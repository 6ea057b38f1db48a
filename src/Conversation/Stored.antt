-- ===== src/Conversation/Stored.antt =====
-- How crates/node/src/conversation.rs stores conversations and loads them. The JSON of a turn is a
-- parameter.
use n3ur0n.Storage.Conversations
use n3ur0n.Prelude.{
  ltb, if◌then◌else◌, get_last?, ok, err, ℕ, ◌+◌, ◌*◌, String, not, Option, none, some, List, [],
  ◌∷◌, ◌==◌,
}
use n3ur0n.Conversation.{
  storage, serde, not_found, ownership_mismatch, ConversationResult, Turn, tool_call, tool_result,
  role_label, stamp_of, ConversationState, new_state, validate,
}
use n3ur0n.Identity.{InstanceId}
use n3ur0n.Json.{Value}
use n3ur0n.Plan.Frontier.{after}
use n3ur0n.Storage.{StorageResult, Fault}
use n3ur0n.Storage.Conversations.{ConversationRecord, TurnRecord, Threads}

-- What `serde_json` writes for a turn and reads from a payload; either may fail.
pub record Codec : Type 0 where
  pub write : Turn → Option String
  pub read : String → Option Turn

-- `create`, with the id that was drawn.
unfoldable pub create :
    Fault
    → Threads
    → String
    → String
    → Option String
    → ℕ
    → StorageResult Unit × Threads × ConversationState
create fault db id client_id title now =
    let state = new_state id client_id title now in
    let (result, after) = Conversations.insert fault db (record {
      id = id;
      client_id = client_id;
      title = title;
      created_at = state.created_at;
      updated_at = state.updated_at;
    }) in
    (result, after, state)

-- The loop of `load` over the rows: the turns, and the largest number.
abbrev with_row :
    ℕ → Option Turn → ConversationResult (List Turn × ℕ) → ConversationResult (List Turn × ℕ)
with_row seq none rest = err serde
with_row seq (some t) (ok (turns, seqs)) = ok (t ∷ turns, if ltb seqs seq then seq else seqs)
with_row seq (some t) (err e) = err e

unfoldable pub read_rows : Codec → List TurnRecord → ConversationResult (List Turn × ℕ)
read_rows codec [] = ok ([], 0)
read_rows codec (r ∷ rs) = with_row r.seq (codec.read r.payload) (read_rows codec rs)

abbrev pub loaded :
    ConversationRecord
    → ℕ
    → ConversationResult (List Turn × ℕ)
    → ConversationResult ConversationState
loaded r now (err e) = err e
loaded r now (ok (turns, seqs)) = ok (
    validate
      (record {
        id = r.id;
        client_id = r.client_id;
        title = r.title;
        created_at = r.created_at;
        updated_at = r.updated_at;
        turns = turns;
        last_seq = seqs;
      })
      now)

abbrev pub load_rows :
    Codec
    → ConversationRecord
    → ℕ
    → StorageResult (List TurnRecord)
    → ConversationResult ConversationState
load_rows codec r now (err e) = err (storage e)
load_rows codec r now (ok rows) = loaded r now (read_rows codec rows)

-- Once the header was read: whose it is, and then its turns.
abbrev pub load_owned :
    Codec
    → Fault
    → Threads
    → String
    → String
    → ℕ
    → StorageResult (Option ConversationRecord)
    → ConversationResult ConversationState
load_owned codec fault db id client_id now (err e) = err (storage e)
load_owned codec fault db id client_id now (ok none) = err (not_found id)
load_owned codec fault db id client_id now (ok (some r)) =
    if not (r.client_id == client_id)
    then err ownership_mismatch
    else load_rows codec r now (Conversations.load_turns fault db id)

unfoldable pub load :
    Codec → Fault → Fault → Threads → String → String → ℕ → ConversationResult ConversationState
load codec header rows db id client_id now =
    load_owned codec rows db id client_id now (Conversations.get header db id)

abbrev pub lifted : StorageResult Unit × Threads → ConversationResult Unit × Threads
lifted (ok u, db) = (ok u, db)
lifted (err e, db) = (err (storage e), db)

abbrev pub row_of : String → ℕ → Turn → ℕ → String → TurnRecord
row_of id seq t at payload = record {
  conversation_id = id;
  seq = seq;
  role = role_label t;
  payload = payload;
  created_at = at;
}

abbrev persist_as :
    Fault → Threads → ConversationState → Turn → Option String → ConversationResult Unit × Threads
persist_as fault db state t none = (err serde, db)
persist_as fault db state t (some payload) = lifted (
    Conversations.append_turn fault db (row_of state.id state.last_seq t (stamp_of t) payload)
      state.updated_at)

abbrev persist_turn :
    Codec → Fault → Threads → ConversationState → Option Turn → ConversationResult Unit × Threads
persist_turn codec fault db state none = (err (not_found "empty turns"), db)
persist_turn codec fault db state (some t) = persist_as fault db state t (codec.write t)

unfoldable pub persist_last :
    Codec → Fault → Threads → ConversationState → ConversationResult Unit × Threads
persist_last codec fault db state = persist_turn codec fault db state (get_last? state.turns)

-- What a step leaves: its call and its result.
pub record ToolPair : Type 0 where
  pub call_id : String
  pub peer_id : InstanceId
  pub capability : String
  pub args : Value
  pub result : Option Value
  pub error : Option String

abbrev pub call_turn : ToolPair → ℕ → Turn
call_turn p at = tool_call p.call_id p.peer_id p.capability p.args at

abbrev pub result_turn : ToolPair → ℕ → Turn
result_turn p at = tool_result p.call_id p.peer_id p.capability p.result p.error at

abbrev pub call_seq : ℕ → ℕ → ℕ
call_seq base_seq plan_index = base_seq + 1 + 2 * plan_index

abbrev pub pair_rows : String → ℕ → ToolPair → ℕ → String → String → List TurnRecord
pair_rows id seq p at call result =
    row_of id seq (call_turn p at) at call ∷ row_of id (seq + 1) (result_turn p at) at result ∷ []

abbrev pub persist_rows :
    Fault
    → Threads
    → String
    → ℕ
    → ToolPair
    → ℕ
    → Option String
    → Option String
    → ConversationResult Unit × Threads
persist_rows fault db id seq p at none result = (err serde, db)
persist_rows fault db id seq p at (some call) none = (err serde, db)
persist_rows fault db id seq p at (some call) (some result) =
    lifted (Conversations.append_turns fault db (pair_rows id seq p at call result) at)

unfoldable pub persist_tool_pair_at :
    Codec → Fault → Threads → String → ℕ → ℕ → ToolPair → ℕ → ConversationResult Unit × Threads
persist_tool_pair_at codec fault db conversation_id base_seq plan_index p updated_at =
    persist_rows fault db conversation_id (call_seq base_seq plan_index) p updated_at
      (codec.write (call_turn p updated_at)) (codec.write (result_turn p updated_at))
--*--
■ Exercise description ■
All entries above are to be repeated verbatim, down to the last line.

■ Exercise result ■
repository 6ea057b38f1db48a
filename src/Conversation/Stored.antt
-- ===== src/Conversation/Stored.antt =====
-- How crates/node/src/conversation.rs stores conversations and loads them. The JSON of a turn is a
-- parameter.
use n3ur0n.Storage.Conversations
use n3ur0n.Prelude.{
  ltb, if◌then◌else◌, get_last?, ok, err, ℕ, ◌+◌, ◌*◌, String, not, Option, none, some, List, [],
  ◌∷◌, ◌==◌,
}
use n3ur0n.Conversation.{
  storage, serde, not_found, ownership_mismatch, ConversationResult, Turn, tool_call, tool_result,
  role_label, stamp_of, ConversationState, new_state, validate,
}
use n3ur0n.Identity.{InstanceId}
use n3ur0n.Json.{Value}
use n3ur0n.Plan.Frontier.{after}
use n3ur0n.Storage.{StorageResult, Fault}
use n3ur0n.Storage.Conversations.{ConversationRecord, TurnRecord, Threads}

-- What `serde_json` writes for a turn and reads from a payload; either may fail.
pub record Codec : Type 0 where
  pub write : Turn → Option String
  pub read : String → Option Turn

-- `create`, with the id that was drawn.
unfoldable pub create :
    Fault
    → Threads
    → String
    → String
    → Option String
    → ℕ
    → StorageResult Unit × Threads × ConversationState
create fault db id client_id title now =
    let state = new_state id client_id title now in
    let (result, after) = Conversations.insert fault db (record {
      id = id;
      client_id = client_id;
      title = title;
      created_at = state.created_at;
      updated_at = state.updated_at;
    }) in
    (result, after, state)

-- The loop of `load` over the rows: the turns, and the largest number.
abbrev with_row :
    ℕ → Option Turn → ConversationResult (List Turn × ℕ) → ConversationResult (List Turn × ℕ)
with_row seq none rest = err serde
with_row seq (some t) (ok (turns, seqs)) = ok (t ∷ turns, if ltb seqs seq then seq else seqs)
with_row seq (some t) (err e) = err e

unfoldable pub read_rows : Codec → List TurnRecord → ConversationResult (List Turn × ℕ)
read_rows codec [] = ok ([], 0)
read_rows codec (r ∷ rs) = with_row r.seq (codec.read r.payload) (read_rows codec rs)

abbrev pub loaded :
    ConversationRecord
    → ℕ
    → ConversationResult (List Turn × ℕ)
    → ConversationResult ConversationState
loaded r now (err e) = err e
loaded r now (ok (turns, seqs)) = ok (
    validate
      (record {
        id = r.id;
        client_id = r.client_id;
        title = r.title;
        created_at = r.created_at;
        updated_at = r.updated_at;
        turns = turns;
        last_seq = seqs;
      })
      now)

abbrev pub load_rows :
    Codec
    → ConversationRecord
    → ℕ
    → StorageResult (List TurnRecord)
    → ConversationResult ConversationState
load_rows codec r now (err e) = err (storage e)
load_rows codec r now (ok rows) = loaded r now (read_rows codec rows)

-- Once the header was read: whose it is, and then its turns.
abbrev pub load_owned :
    Codec
    → Fault
    → Threads
    → String
    → String
    → ℕ
    → StorageResult (Option ConversationRecord)
    → ConversationResult ConversationState
load_owned codec fault db id client_id now (err e) = err (storage e)
load_owned codec fault db id client_id now (ok none) = err (not_found id)
load_owned codec fault db id client_id now (ok (some r)) =
    if not (r.client_id == client_id)
    then err ownership_mismatch
    else load_rows codec r now (Conversations.load_turns fault db id)

unfoldable pub load :
    Codec → Fault → Fault → Threads → String → String → ℕ → ConversationResult ConversationState
load codec header rows db id client_id now =
    load_owned codec rows db id client_id now (Conversations.get header db id)

abbrev pub lifted : StorageResult Unit × Threads → ConversationResult Unit × Threads
lifted (ok u, db) = (ok u, db)
lifted (err e, db) = (err (storage e), db)

abbrev pub row_of : String → ℕ → Turn → ℕ → String → TurnRecord
row_of id seq t at payload = record {
  conversation_id = id;
  seq = seq;
  role = role_label t;
  payload = payload;
  created_at = at;
}

abbrev persist_as :
    Fault → Threads → ConversationState → Turn → Option String → ConversationResult Unit × Threads
persist_as fault db state t none = (err serde, db)
persist_as fault db state t (some payload) = lifted (
    Conversations.append_turn fault db (row_of state.id state.last_seq t (stamp_of t) payload)
      state.updated_at)

abbrev persist_turn :
    Codec → Fault → Threads → ConversationState → Option Turn → ConversationResult Unit × Threads
persist_turn codec fault db state none = (err (not_found "empty turns"), db)
persist_turn codec fault db state (some t) = persist_as fault db state t (codec.write t)

unfoldable pub persist_last :
    Codec → Fault → Threads → ConversationState → ConversationResult Unit × Threads
persist_last codec fault db state = persist_turn codec fault db state (get_last? state.turns)

-- What a step leaves: its call and its result.
pub record ToolPair : Type 0 where
  pub call_id : String
  pub peer_id : InstanceId
  pub capability : String
  pub args : Value
  pub result : Option Value
  pub error : Option String

abbrev pub call_turn : ToolPair → ℕ → Turn
call_turn p at = tool_call p.call_id p.peer_id p.capability p.args at

abbrev pub result_turn : ToolPair → ℕ → Turn
result_turn p at = tool_result p.call_id p.peer_id p.capability p.result p.error at

abbrev pub call_seq : ℕ → ℕ → ℕ
call_seq base_seq plan_index = base_seq + 1 + 2 * plan_index

abbrev pub pair_rows : String → ℕ → ToolPair → ℕ → String → String → List TurnRecord
pair_rows id seq p at call result =
    row_of id seq (call_turn p at) at call ∷ row_of id (seq + 1) (result_turn p at) at result ∷ []

abbrev pub persist_rows :
    Fault
    → Threads
    → String
    → ℕ
    → ToolPair
    → ℕ
    → Option String
    → Option String
    → ConversationResult Unit × Threads
persist_rows fault db id seq p at none result = (err serde, db)
persist_rows fault db id seq p at (some call) none = (err serde, db)
persist_rows fault db id seq p at (some call) (some result) =
    lifted (Conversations.append_turns fault db (pair_rows id seq p at call result) at)

unfoldable pub persist_tool_pair_at :
    Codec → Fault → Threads → String → ℕ → ℕ → ToolPair → ℕ → ConversationResult Unit × Threads
persist_tool_pair_at codec fault db conversation_id base_seq plan_index p updated_at =
    persist_rows fault db conversation_id (call_seq base_seq plan_index) p updated_at
      (codec.write (call_turn p updated_at)) (codec.write (result_turn p updated_at))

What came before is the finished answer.